A Prospective Study of Breast Cancer Patients With Abnormal Strain Imaging
Status:
Active, not recruiting
Trial end date:
2021-12-01
Target enrollment:
Participant gender:
Summary
The Cardio-Oncology program at Northwestern offers care to cancer patients who develop
cardiac toxicities from chemotherapy. Breast cancer patients with the tumor marker for HER2
necessitate treatment with anthracycline and/or trastuzumab and pertuzumab-based
chemotherapies, which are known to cause cardiac toxicities. Breast cancer patients will
undergo a "cardio-oncology echocardiogram" which incorporates advanced left ventricular
assessment by utilizing deformation or strain imaging during chemotherapy treatment for
surveillance of cardiac toxicities.
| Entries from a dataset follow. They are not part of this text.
-- ===== src/Ingress/Handler/Events.antt =====
-- internal/ingress/handler.go: what `handleStream` writes, as bytes. `StreamChunk.ToJSON` of
-- internal/model/request.go, a call of encoding/json, is a parameter; errors of the writer are dropped,
-- as the code does.
pub mod Relaying
use momu_llmgateway.Base.{ℕ, List, [], ◌∷◌, ◌++◌, eqb, if◌then◌else◌}
use momu_llmgateway.Base.Text.{codes}
use momu_llmgateway.Egress.Http.{Line}
use momu_llmgateway.Ingress.Handler.{Event, chunk_event, done_event}
use momu_llmgateway.Model.{StreamChunk, Result, ok, err}

abbrev pub newline : ℕ
newline = 10

abbrev pub written : Line → Result Line → Line
written out (err e) = out
written out (ok text) = out ++ (codes "data: " ++ (text ++ (newline ∷ newline ∷ [])))

module _ (to_json : StreamChunk → Result Line) where
  -- `writeSSEEvent`, behind what is written already.
  unfoldable pub write_sse_event : Line → StreamChunk → Line
  write_sse_event out chunk = written out (to_json chunk)

  -- `writeSSEDone`.
  unfoldable pub write_sse_done : Line → Line
  write_sse_done out = out ++ (codes "data: [DONE]" ++ (newline ∷ newline ∷ []))

  abbrev pub write_event : Line → Event → Line
  write_event out (chunk_event chunk) = write_sse_event out chunk
  write_event out done_event = write_sse_done out

  -- The body of the reply, the events written one after the other.
  unfoldable pub write_events : Line → List Event → Line
  unfolding write_sse_event write_sse_done
  write_events out [] = out
  write_events out (event ∷ events) = write_events (write_event out event) events

-- `bufio.ScanLines`: a line ends with a newline, of which a carriage return before it is a part, or with
-- the text, if it is not empty.
abbrev pub drop_return : Line → Line
drop_return [] = []
drop_return (c ∷ []) = if eqb c 13 then [] else c ∷ []
drop_return (c ∷ d ∷ s) = c ∷ drop_return (d ∷ s)

abbrev last_line : Line → List Line
last_line [] = []
last_line (c ∷ s) = drop_return (c ∷ s) ∷ []

unfoldable pub lines_from : Line → Line → List Line
lines_from line [] = last_line line
lines_from line (c ∷ s) =
    let next = drop_return line ∷ lines_from [] s in
    let more = lines_from (line ++ c ∷ []) s in if eqb c newline then next else more

unfoldable pub scan_lines : Line → List Line
unfolding lines_from
scan_lines text = lines_from [] text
The aims of this project are:
1. To create a registry of both clinical, and echocardiographic variables, biomarkers, and
genetic analysis that will be used to develop a risk model to predict LV dysfunction in
early stage breast cancer patients undergoing chemotherapy with anthracycline and/or
trastuzumab and pertuzumab-based chemotherapy regimens.
2. To propose a new management algorithm for initiation of prophylactic beta-blocker
therapy for early stage breast cancer patients with preclinical cardiac toxicities
demonstrated by strain parameters.
3. To determine if initiation of prophylactic beta-blocker therapy in patients with early
cardiac toxicity can delay or prevent a drop in LV EF and the development of clinical
heart failure.
4. To explore serial measurements of a suite of novel biomarkers during ongoing anticancer
treatment that are presumed but not yet proven to be predictive of cardiac dysfunction
in women with breast cancer.
5. To identify DNA biomarkers of predilection to cardiotoxicity.
6. To generate hiPSC to validate markers predictive of cardiotoxicity.